In the spirit of that intention, I’d say that Paromita Vohra’s article had only one anomaly but a major one at that: How did the men she described, arrive at the point where they reduced and objectified women? How did they get socialised? What was their sexual-emotional-psychological journey that made them become effortless sexists? Vohra ably analysed the life arcs of the women at the receiving end of sexism, abuse and harassment: It was impressive and needed, but what about the men? How did they arrive to this point as upholders of toxicity? It was too important a question to be missed. So, for all her astuteness and fair-mindedness as a feminist, Vohra produced an argument with a telling blind spot.
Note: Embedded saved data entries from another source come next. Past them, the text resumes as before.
-- ===== src/BranchApply/Sessions.antt =====
-- What a run of src/branch/apply.ts without the baseline can bring onto the current branch.
use patchlab.Common.{
  ◌≡◌, refl, sym, ap, ℕ, Text, codes, Bool, true, false, List, [], ◌∷◌, ◌++◌, Option, none, some,
  Result, ok, err, get, if◌then◌else◌, All, All-append, All-left, All-right, filterb-All, or_else,
}
use mathlib.Core.Path.{subst}
use patchlab.Manifest.{SandboxManifest}
use patchlab.BranchApply.{
  ApplyMode, cherry_pick, merge_commit, merge_squash, ApplyOptions, AppliedItem, ApplyConflict,
  Command, pick, apply_index, commit, Failure, Repository, Traced, Session, attempted, attempt,
  failure_message, compute_cherry_summary, read_current_branch,
}
use patchlab.BranchApply.Pick.{cherry_pick_candidates}
use patchlab.BranchApply.Merge.{
  branch_conflict, commit_failed, report_merge, commit_staged, with_diff, squash_excluding_baseline,
  collect_apply_candidates, by_mode, unless_rejected, apply_of, apply_patchlab_branch,
  staged_changes, no_branch, reject_unsupported_merge_combinations,
}
use patchlab.BranchApply.Parted.{
  picks, is_pending, EndsWith, all_done, stopped_on, Parts, cherry_pick_candidates-Parts,
}
use patchlab.BranchApply.Candidates.{IsSessionItem, collect_apply_candidates-IsSessionItem}

-- A command that brings nothing but the work of sessions
pub data IsSessionCommand (repository : Repository) (root branch baseline : Text)
    (sessions : List Session) (wanted : Option ℕ) : Command → Type 0 where
  picks_session :
      (item : AppliedItem)
      → IsSessionItem root sessions wanted item
      → IsSessionCommand repository root branch baseline sessions wanted (pick item.commit_sha)
  applies_diff :
      (diff : Text)
      → wanted ≡ none
      → repository.diff (baseline ++ codes ".." ++ branch) ≡ ok diff
      → IsSessionCommand repository root branch baseline sessions wanted (apply_index diff)
  commits_diff :
      (message : Text)
      → wanted ≡ none
      → IsSessionCommand repository root branch baseline sessions wanted (commit message)

module _ (repository : Repository) (root branch baseline : Text) (sessions : List Session)
    (wanted : Option ℕ) where
  -- All that ran is of the sessions.
  abbrev pub IsWithinSessions : List Command → Type 0
  IsWithinSessions = All (IsSessionCommand repository root branch baseline sessions wanted)

  picks-IsWithinSessions :
      (items : List AppliedItem)
      → All (IsSessionItem root sessions wanted) items
      → IsWithinSessions (picks items)
  picks-IsWithinSessions [] all = tt
  picks-IsWithinSessions (item ∷ items) (h, all) =
      (picks_session item h, picks-IsWithinSessions items all)

  failing-IsWithinSessions :
      (summary : Option (List Text)) (conflict : Option ApplyConflict) (left : List AppliedItem)
      (failing : List Command)
      → EndsWith summary conflict left failing
      → All (IsSessionItem root sessions wanted) left
      → IsWithinSessions failing
  failing-IsWithinSessions summary conflict left failing all_done all = tt
  failing-IsWithinSessions summary conflict left failing (stopped_on next others _ _ _) (h, all) =
      (picks_session next h, tt)

  Parts-IsWithinSessions :
      (summary : Option (List Text)) (candidates : List AppliedItem) (traced : Traced)
      → All (IsSessionItem root sessions wanted) candidates
      → Parts summary candidates traced
      → IsWithinSessions traced.1
  Parts-IsWithinSessions summary candidates (ok result, ran) all h =
      let split_all = subst (All (IsSessionItem root sessions wanted)) h.parted all in
      let applied_all = subst (All (IsSessionItem root sessions wanted)) (sym h.applied) (
        filterb-All (IsSessionItem root sessions wanted) (is_pending summary) h.dealt_with
          (All-left (IsSessionItem root sessions wanted) h.dealt_with h.left split_all)) in
      subst IsWithinSessions (sym h.commands) (
        All-append (IsSessionCommand repository root branch baseline sessions wanted)
          (picks result.applied) h.failing (picks-IsWithinSessions result.applied applied_all)
          (failing-IsWithinSessions summary result.conflict h.left h.failing h.ending
            (All-right (IsSessionItem root sessions wanted) h.dealt_with h.left split_all)))
  Parts-IsWithinSessions summary candidates (err message, ran) all h = absurd h

  attempt-IsWithinSessions :
      (command : Command) (ran : List Command) (failed : Failure → List Command → Traced)
      (next : List Command → Traced)
      → IsWithinSessions (ran ++ command ∷ [])
      → ((failure : Failure) → IsWithinSessions (failed failure (ran ++ command ∷ [])).1)
      → IsWithinSessions (next (ran ++ command ∷ [])).1
      → IsWithinSessions (attempt repository command ran failed next).1
  attempt-IsWithinSessions command ran failed next all stop go =
      elim (repository.run ran command)
        as (λ answer. IsWithinSessions (attempted answer (ran ++ command ∷ []) failed next).1) [
          | none ↦ go
          | some failure ↦ stop failure
        ]

  with_diff-IsWithinSessions :
      (candidates : List AppliedItem) (diff : Result Text Text)
      → wanted ≡ none
      → repository.diff (baseline ++ codes ".." ++ branch) ≡ diff
      → IsWithinSessions (with_diff repository branch candidates diff).1
  with_diff-IsWithinSessions candidates (err message) none_wanted h = tt
  with_diff-IsWithinSessions candidates (ok []) none_wanted h = tt
  with_diff-IsWithinSessions candidates (ok (c ∷ cs)) none_wanted h =
      let message = codes "Squash merge of " ++ branch ++ codes " (sessions only)" in
      let commands : IsWithinSessions (apply_index (c ∷ cs) ∷ commit message ∷ []) =
        (applies_diff (c ∷ cs) none_wanted h, (commits_diff message none_wanted, tt)) in
      attempt-IsWithinSessions (apply_index (c ∷ cs)) []
        (λ failure. branch_conflict merge_squash branch (failure_message failure))
        (commit_staged repository merge_squash branch candidates (codes "Squash is staged but ")
          message)
        (commands.0, tt) (λ failure. (commands.0, tt))
        (attempt-IsWithinSessions (commit message) (apply_index (c ∷ cs) ∷ [])
          (λ failure.
            branch_conflict merge_squash branch
              (codes "Squash is staged but " ++ commit_failed ++ failure_message failure))
          (report_merge repository merge_squash candidates) commands (λ failure. commands) commands)

  squash_excluding_baseline-IsWithinSessions :
      (candidates : List AppliedItem)
      → wanted ≡ none
      → IsWithinSessions (squash_excluding_baseline repository branch baseline candidates).1
  unfolding squash_excluding_baseline
  squash_excluding_baseline-IsWithinSessions candidates none_wanted =
      elim repository.is_staged
        as (λ staged.
          IsWithinSessions
            (if staged
              then (err staged_changes, [])
              else with_diff repository branch candidates
                  (repository.diff (baseline ++ codes ".." ++ branch))).1) [
                    | true ↦ tt
                    | false ↦
                        with_diff-IsWithinSessions candidates
                          (repository.diff (baseline ++ codes ".." ++ branch)) none_wanted refl
                  ]

-- Behind a combination that is not rejected, with a baseline that is not included
by_mode-IsWithinSessions :
    (repository : Repository) (root branch : Text) (c : ℕ) (cs : Text) (sessions : List Session)
    (wanted : Option ℕ) (mode : ApplyMode) (candidates : List AppliedItem)
    → reject_unsupported_merge_combinations mode wanted (some (c ∷ cs)) false ≡ none
    → All (IsSessionItem root sessions wanted) candidates
    → IsWithinSessions repository root branch
        (c ∷ cs)
        sessions
        wanted
        (by_mode repository branch mode (some (c ∷ cs)) false candidates).1
unfolding reject_unsupported_merge_combinations
by_mode-IsWithinSessions repository root branch c cs sessions wanted mode [] h all = tt
by_mode-IsWithinSessions repository root branch c cs sessions wanted cherry_pick (first ∷ rest) h
      all =
    Parts-IsWithinSessions repository root branch (c ∷ cs) sessions wanted
      (compute_cherry_summary repository (read_current_branch repository) branch) (first ∷ rest)
      (cherry_pick_candidates repository branch (first ∷ rest)) all
      (cherry_pick_candidates-Parts repository branch (first ∷ rest))
by_mode-IsWithinSessions repository root branch c cs sessions none merge_commit (first ∷ rest) h
      all =
    cc
by_mode-IsWithinSessions repository root branch c cs sessions (some n) merge_commit (first ∷ rest) h
      all =
    cc
by_mode-IsWithinSessions repository root branch c cs sessions none merge_squash (first ∷ rest) h
      all =
    squash_excluding_baseline-IsWithinSessions repository root branch (c ∷ cs) sessions none
      (first ∷ rest) refl
by_mode-IsWithinSessions repository root branch c cs sessions (some n) merge_squash (first ∷ rest) h
      all =
    cc

-- The baseline stays out unless it is asked for: on a patchlab with a baseline, a run of
-- `apply_patchlab_branch` without `include_baseline` never merges the branch. In every mode each command
-- that it runs picks a commit of one of the repository's sessions, of the session that was asked for
-- where one was, or applies the difference between baseline and branch and commits it, and the latter
-- only where no single session was asked for.
pub apply_patchlab_branch-IsWithinSessions :
    (repository : Repository) (manifest : SandboxManifest) (sessions : List Session)
    (root branch : Text) (options : ApplyOptions) (c : ℕ) (cs : Text)
    → get manifest.baseline_commit_shas root ≡ some (some (c ∷ cs))
    → options.include_baseline ≡ false
    → IsWithinSessions repository root branch
        (c ∷ cs)
        sessions
        options.session_number
        (apply_patchlab_branch repository (ok manifest) (ok sessions) root branch options).1
unfolding apply_patchlab_branch
apply_patchlab_branch-IsWithinSessions repository manifest sessions root branch options c cs
      has_baseline excluded =
    there repository.branch_exists
  where
    unrejected :
        (rejection : Option Text)
        → reject_unsupported_merge_combinations options.mode options.session_number
            (some (c ∷ cs))
            false
          ≡ rejection
        → IsWithinSessions repository root branch
            (c ∷ cs)
            sessions
            options.session_number
            (unless_rejected repository root branch
              (record options { include_baseline = false })
              (some (c ∷ cs))
              (ok sessions)
              rejection).1
    unrejected (some message) h = tt
    unrejected none h =
        by_mode-IsWithinSessions repository root branch c cs sessions options.session_number
          options.mode
          (collect_apply_candidates sessions root (some (c ∷ cs)) false options.session_number) h
          (collect_apply_candidates-IsSessionItem sessions root (some (c ∷ cs))
            options.session_number)

    there :
        (exists : Bool)
        → IsWithinSessions repository root branch
            (c ∷ cs)
            sessions
            options.session_number
            (if exists
              then apply_of repository root branch options (ok sessions) (ok manifest)
              else (err no_branch, [])).1
    there false = tt
    there true =
        subst
          (λ baseline.
            IsWithinSessions repository root branch (c ∷ cs) sessions options.session_number
              (unless_rejected repository root branch options baseline (ok sessions) (
                reject_unsupported_merge_combinations options.mode options.session_number baseline
                  options.include_baseline)).1)
          (sym (ap (λ t. or_else t none) has_baseline))
          (subst
            (λ include.
              IsWithinSessions repository root branch (c ∷ cs) sessions options.session_number
                (unless_rejected repository root branch
                  (record options { include_baseline = include }) (some (c ∷ cs)) (ok sessions)
                  (reject_unsupported_merge_combinations options.mode options.session_number
                    (some (c ∷ cs)) include)).1)
            (sym excluded)
            (unrejected
              (reject_unsupported_merge_combinations options.mode options.session_number
                (some (c ∷ cs)) false)
              refl))
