-- ===== src/BranchApply/Tests.antt =====
-- Runs of src/branch/apply.ts, and its theorems at concrete inputs.
use patchlab.Common.{
  ◌≡◌, refl, ℕ, Text, codes, text_eq, has, split, trim, trim_start, trim_end, starts_with, get,
  true, false, List, [], ◌∷◌, Option, none, some, ok, err, if◌then◌else◌,
}
use patchlab.PathContainment.{ends_with_slash}
use patchlab.BranchDelete.{unapplied_sha, parse_unapplied_shas}
use patchlab.Manifest.{SandboxManifest, manifest_repositories, distinct_repositories_from_sources}
use patchlab.BranchApply.{
  cherry_pick, merge_commit, ApplyOptions, AppliedItem, Command, pick, Failure, Repository, Session,
  submodule_path, detect_submodules, detect_submodule_paths_in_commit, compute_cherry_summary,
  stopped_at,
}
use patchlab.BranchApply.Choice.{
  darwin, posix, paths_equal, resolve_apply_repository, IsChoice, resolve_apply_repository-IsChoice,
}
use patchlab.BranchApply.Pick.{cherry_pick_candidates}
use patchlab.BranchApply.Merge.{
  needs_include_baseline, reject_unsupported_merge_combinations, collect_apply_candidates,
  apply_patchlab_branch,
}
use patchlab.BranchApply.Sessions.{IsWithinSessions, apply_patchlab_branch-IsWithinSessions}

-- The pick of c2 fails; c1 stands on the current branch already.
abbrev answer_to : Text → Option Failure
answer_to sha =
    if text_eq sha (codes "c2")
    then some (record { stderr = codes " conflict\n"; stdout = [] })
    else none

abbrev web_run : List Command → Command → Option Failure
web_run ran (pick sha) = answer_to sha
web_run ran _ = none

abbrev web : Repository
web = record {
  branch_exists = true;
  is_staged = false;
  symbolic_ref = some (codes "main\n");
  cherry = λ upstream branch. some (codes "+ ba5e\n- c1\n+ c2\n+ c3\n");
  diff = λ range. ok [];
  run = web_run;
  head = λ ran. ok (codes "f00d");
  gitmodules = λ ran. some (codes "[submodule]\n\tpath = lib/sub\n");
  diff_tree = λ ran sha. some (codes "lib/sub/file\n");
}

abbrev session : ℕ → Text → Session
session n sha = record { session_number = n; commit_shas = (codes "/web", some sha) ∷ [] }

abbrev sessions : List Session
sessions = session 1 (codes "c1") ∷ session 2 (codes "c2") ∷ session 3 (codes "c3") ∷ []

abbrev lab : SandboxManifest
lab = record {
  id = codes "lab";
  format_version = 0;
  sources =
      record {
        host_path = codes "/web";
        repository_root = codes "/web";
        source_prefix = [];
        mount_name = codes "web";
      }
      ∷ [];
  baseline_commit_shas = (codes "/web", some (codes "ba5e")) ∷ [];
  branch_creation_point_shas = [];
  created_at = [];
  container_name = [];
  container_image = [];
  effective_image = none;
  tool = none;
  include_globs = none;
  exclude_globs = none;
  volume_mounts = none;
  environment_variables = none;
  npm_packages = none;
}

abbrev picking : ApplyOptions
picking = record { session_number = none; mode = cherry_pick; include_baseline = false }

abbrev merging : ApplyOptions
merging = record { session_number = none; mode = merge_commit; include_baseline = false }

abbrev item : ℕ → Text → AppliedItem
item n sha = record { session_number = some n; commit_sha = sha }

-- c1 is skipped, c2 conflicts, and c3 is not tried.
conflict_run :
    apply_patchlab_branch web (ok lab) (ok sessions) (codes "/web") (codes "patchlab/lab") picking
    ≡ (
      ok (
          stopped_at cherry_pick [] (item 1 (codes "c1") ∷ []) (record {
            session_number = some 2;
            commit_sha = codes "c2";
            submodule_paths = codes "lib/sub" ∷ [];
            message = codes "conflict";
          })),
      pick (codes "c2") ∷ [],
    )
unfolding apply_patchlab_branch reject_unsupported_merge_combinations collect_apply_candidates get
    text_eq cherry_pick_candidates compute_cherry_summary has parse_unapplied_shas split
    unapplied_sha trim_start detect_submodule_paths_in_commit trim submodule_path trim_end
    starts_with ends_with_slash
conflict_run = refl

rejected_run :
    apply_patchlab_branch web (ok lab) (ok sessions) (codes "/web") (codes "patchlab/lab") merging
    ≡ (err needs_include_baseline, [])
unfolding apply_patchlab_branch reject_unsupported_merge_combinations get text_eq
rejected_run = refl

-- A .gitmodules with carriage returns names no submodule.
carriage_return_run : detect_submodules (some (codes "\tpath = lib/sub\r\n")) ≡ []
unfolding detect_submodules split submodule_path starts_with trim_start
carriage_return_run = refl

case_run :
    resolve_apply_repository darwin (λ path. path) lab (some (codes "/WEB")) ≡ ok (codes "/web")
unfolding resolve_apply_repository manifest_repositories distinct_repositories_from_sources has
    paths_equal text_eq
case_run = refl

resolve_apply_repository-IsChoice_example :
    IsChoice
      (paths_equal posix)
      (λ path. path)
      (manifest_repositories lab)
      (some (codes "/web"))
      (resolve_apply_repository posix (λ path. path) lab (some (codes "/web")))
resolve_apply_repository-IsChoice_example =
    resolve_apply_repository-IsChoice posix (λ path. path) lab (some (codes "/web"))

has_baseline : get lab.baseline_commit_shas (codes "/web") ≡ some (some (codes "ba5e"))
unfolding get text_eq
has_baseline = refl

apply_patchlab_branch-IsWithinSessions_example :
    IsWithinSessions web
      (codes "/web")
      (codes "patchlab/lab")
      (codes "ba5e")
      sessions
      none
      (apply_patchlab_branch web
        (ok lab)
        (ok sessions)
        (codes "/web")
        (codes "patchlab/lab")
        picking).1
apply_patchlab_branch-IsWithinSessions_example =
    apply_patchlab_branch-IsWithinSessions web lab sessions (codes "/web") (codes "patchlab/lab")
      picking b'b' (codes "a5e") has_baseline refl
To be fair, these are things Vohra and her organisation, Agents of Ishq, creatively address by generating the space for conversing about love, lust, romance, sex. In some of her later pieces like this she addressed these points coming across as much more sensitive towards the evolution of women and men. In many ways, her writing transcended the binary (either-you-are-with-us-or-against-us) feminist frameworks one saw at play during the #MeToo India uproar three months ago. To a good extent, she was able to avoid demonising men (one reason they’ve kept quiet), while powerfully criticising them. Vohra’s writing displayed an inventive, creative feminism at work that was willing to take risks and differ from other feminists.

Sadly, feminists (journalists, academics, activists supporting #MeToo India) – outside of Vohra – have somewhat forgotten that feminism includes studying women and men. It’s about the creation of the genders, the making of women as women and men as men and other genders as other genders. It’s crucial in the time to come that #MeToo India’s conversations become ongoing, constructive and collaborative between women and men. Is addressing each other’s blind spots too much to ask for?